American astronomer and scientist

Hubert Anson Newton FRS HFRSE (19 March 1830 – 12 August 1896), usually cited as H. A. Newton, was an American astronomer and mathematician, noted for his research on meteors.

==Biography==
Newton was born at Sherburne, New York, and graduated from Yale in 1850 with a B.A. He continued his studies independently in New Haven and at home, due to the absence of Anthony D. Stanley, the primary professor of mathematics at Yale who was at the time dying of tuberculosis. Newton took up the position of tutor in January, 1853, a few months before Stanley's death, and served as the principal instructor of mathematics until 1855 when he was appointed professor of mathematics. He deferred taking up the appointment for one year, traveling to Europe to attend lectures by distinguished mathematicians. The Mathematics Genealogy Project lists his advisor as Michel Chasles, whose lectures on projective geometry he attended at the Sorbonne. Chasles' techniques had a significant impact on his subsequent research in mathematics, in particular on finding the equation of a circle tangent to three other circles.
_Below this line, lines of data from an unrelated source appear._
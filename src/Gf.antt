-- ===== src/Gf.antt =====
-- src/gf: arithmetic in GF(2^4) and GF(2^8).
pub mod Tables
pub mod Field
pub mod Gf2_4
pub mod Gf2_8
pub mod Simd
pub mod Action
pub mod Minor
mod LogExp
mod Cyclic
pub mod Laws
pub mod Peasant
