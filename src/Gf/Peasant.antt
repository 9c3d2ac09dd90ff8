-- ===== src/Gf/Peasant.antt =====
-- What the table multiplication computes: the product of two polynomials over GF(2), modulo the
-- field's polynomial, by shifting and adding.
use native.Mathlib.Nat.{pow-suc}
use delp.Prelude.{
  ℕ, zero, suc, ◌*◌, ◌/◌, ◌%◌, ◌^◌, ◌<◌, ◌≡◌, refl, sym, ap, ap₂, ◌∙◌, bit_xor, ◌==◌, if◌then◌else◌,
  arith, ltb, ◌&&◌, true, all_below, all_below_lem, xor_fields, xor_comm,
}
use delp.Gf.Field.{GfField}
use delp.Gf.Tables.{step_gf2_4, step_gf2_8, gf2_4_exp, gf2_4_log, gf2_8_exp, gf2_8_log}
use delp.Gf.Gf2_4
use delp.Gf.Gf2_8
use delp.Gf.Gf2_4.{gf2_4}
use delp.Gf.Gf2_8.{gf2_8}
use delp.Gf.Laws.{IsField, gf2_4-IsField, gf2_8-IsField}

-- One step for each binary digit of `b`, the lowest first; `n` bounds the digits of `b`.
unfoldable pub peasant : (ℕ → ℕ) → ℕ → ℕ → ℕ → ℕ
peasant shift zero a b = 0
peasant shift (suc n) a b =
    bit_xor (if b % 2 == 0 then 0 else a) (peasant shift n (shift a) (b / 2))

module _ (f : GfField) (h : IsField f) (shift : ℕ → ℕ)
    (add-xor : (a b : ℕ) → f.add a b ≡ bit_xor a b) (ends : (f.zero ≡ 0) × (f.one ≡ 1))
    (two : 2 < f.order)
    (shifts : (a : ℕ) → a < f.order → (shift a < f.order) × (f.mul a 2 ≡ shift a))
    (doubles : (b : ℕ) → b * 2 < f.order → f.mul 2 b ≡ b * 2) where
  mul-xor :
      (a b c : ℕ)
      → a < f.order
      → b < f.order
      → c < f.order
      → f.mul a (bit_xor b c) ≡ bit_xor (f.mul a b) (f.mul a c)
  mul-xor a b c p q r =
      let closed : bit_xor b c < f.order = rw (← add-xor b c) (h.add-lt b c q r) in
      h.mul_comm a (bit_xor b c) p closed
      ∙ ap (λ (t : ℕ). f.mul t a) (sym (add-xor b c))
      ∙ h.add-mul b c a q r p
      ∙ add-xor (f.mul b a) (f.mul c a)
      ∙ ap₂ bit_xor (h.mul_comm b a q p) (h.mul_comm c a r p)

  mul_even : (a b : ℕ) → a < f.order → b * 2 < f.order → f.mul a (b * 2) ≡ f.mul (shift a) b
  mul_even a b p q =
      ap (f.mul a) (sym (doubles b q))
      ∙ sym (h.mul_assoc a 2 b p two (omega arith))
      ∙ ap (λ (t : ℕ). f.mul t b) (shifts a p).1

  mul_digit : (a d : ℕ) → a < f.order → d < 2 → f.mul a d ≡ (if d == 0 then 0 else a)
  mul_digit a zero p q =
      h.mul_comm a 0 p (omega arith)
      ∙ ap (λ (t : ℕ). f.mul t a) (sym ends.0)
      ∙ h.zero-mul a
      ∙ ends.0
  mul_digit a (suc zero) p q =
      h.mul_comm a 1 p (omega arith) ∙ ap (λ (t : ℕ). f.mul t a) (sym ends.1) ∙ h.one-mul a p
  mul_digit a (suc (suc d)) p q = absurd (omega arith)

  pub mul-peasant :
      (n a b : ℕ) → a < f.order → b < f.order → b < 2 ^ n → f.mul a b ≡ peasant shift n a b
  unfolding peasant
  mul-peasant zero a b p q r = let e : b ≡ 0 = omega arith in rw e (mul_digit a 0 p (omega arith))
  mul-peasant (suc n) a b p q r =
      let parts : bit_xor (b / 2 * 2) (b % 2) ≡ b = omega (arith, xor_fields 1 (b / 2) (b % 2)) in
      ap (f.mul a) (sym parts)
      ∙ mul-xor a (b / 2 * 2) (b % 2) p (omega arith) (omega arith)
      ∙ xor_comm (f.mul a (b / 2 * 2)) (f.mul a (b % 2))
      ∙ ap₂ bit_xor (mul_digit a (b % 2) p (omega arith)) (
          mul_even a (b / 2) p (omega arith)
          ∙ mul-peasant n (shift a) (b / 2) (shifts a p).0 (omega arith)
              (omega (arith, pow-suc 2 n)))

shift_table_8 :
    all_below 256 (λ a. ltb (step_gf2_8 a) 256 && (Gf2_8.gf2_8_mul_raw a 2 == step_gf2_8 a)) ≡ true
unfolding all_below step_gf2_8 Gf2_8.gf2_8_mul_raw Gf2_8.exp_at Gf2_8.log_at gf2_8_exp gf2_8_log
shift_table_8 = refl

double_table_8 : all_below 128 (λ b. Gf2_8.gf2_8_mul_raw 2 b == b * 2) ≡ true
unfolding all_below Gf2_8.gf2_8_mul_raw Gf2_8.exp_at Gf2_8.log_at gf2_8_exp gf2_8_log
double_table_8 = refl

shift_table_4 :
    all_below 16 (λ a. ltb (step_gf2_4 a) 16 && (Gf2_4.gf2_4_mul_raw a 2 == step_gf2_4 a)) ≡ true
unfolding all_below step_gf2_4 Gf2_4.gf2_4_mul_raw Gf2_4.exp_at Gf2_4.log_at gf2_4_exp gf2_4_log
shift_table_4 = refl

double_table_4 : all_below 8 (λ b. Gf2_4.gf2_4_mul_raw 2 b == b * 2) ≡ true
unfolding all_below Gf2_4.gf2_4_mul_raw Gf2_4.exp_at Gf2_4.log_at gf2_4_exp gf2_4_log
double_table_4 = refl

-- The table multiplication of two bytes is the shift-and-add product of the polynomials that the
-- bytes stand for, reduced by the polynomial 0x11d at each shift as the table loop does.
pub gf2_8_mul-peasant :
    (a b : ℕ) → a < 256 → b < 256 → Gf2_8.gf2_8_mul_raw a b ≡ peasant step_gf2_8 8 a b
unfolding Gf2_8.add
gf2_8_mul-peasant a b p q =
    mul-peasant gf2_8 gf2_8-IsField step_gf2_8 (λ x y. refl) (refl, refl) (omega arith)
      (λ x r. ground (arith, all_below_lem 256 _ x shift_table_8 r))
      (λ x r. ground (arith, all_below_lem 128 _ x double_table_8)) 8 a b p q q

-- The table multiplication of two numbers below 16 is their shift-and-add product, reduced by the
-- polynomial 0x13 at each shift as the table loop does.
pub gf2_4_mul-peasant :
    (a b : ℕ) → a < 16 → b < 16 → Gf2_4.gf2_4_mul_raw a b ≡ peasant step_gf2_4 4 a b
unfolding Gf2_4.add
gf2_4_mul-peasant a b p q =
    mul-peasant gf2_4 gf2_4-IsField step_gf2_4 (λ x y. refl) (refl, refl) (omega arith)
      (λ x r. ground (arith, all_below_lem 16 _ x shift_table_4 r))
      (λ x r. ground (arith, all_below_lem 8 _ x double_table_4)) 4 a b p q q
However, Newton is best known for the study of the laws of meteors and of comets and their interrelation. He attempted to contribute to the theory advanced by Denison Olmsted of Yale in 1833 that meteors were a part of a mass of bodies moving round the sun in a fixed orbit. He began in 1860, with a description of a meteor observed on November 15, 1859. Using accounts of the path and timing of the meteor he used triangulation techniques to estimate its height and velocity. Starting in 1861, he supervised the work of the Connecticut Academy of Arts and Sciences to perform coordinated observations of meteors, providing standardized observational charts for tracking their paths. Results of this investigation, published in 1865, showed that the meteor showers in different months were occurring at different altitudes. He also examined the timing of meteor showers, showing that the drift in time over centuries could be explained by the precession of equinoxes (also known as axial precession, which he then used to put strong constraints on the orbits of the Leonid meteors.

Newton played an important role in American mathematics, as Yale became the first institution in the United States to grant doctoral degrees in mathematics in 1862. One of the most prominent graduates in mathematics during his tenure was E.H. Moore. He won the Smith gold medal from the National Academy of Sciences of which he was a founding member. In 1867, he was elected as a member to the American Philosophical Society in 1867. He was also elected an associate of the Royal Astronomical Society of London, served as president of the American Association for the Advancement of Science (1885), and was foreign member of the Royal Society of Edinburgh.

Many of his papers on meteors were published in the Memoirs of the National Academy, the Journal of Science, and the American Journal of Science.

==Family==

In 1859 he married Miss Anna C. Stiles, a minister's daughter from New York with whom he had two daughters.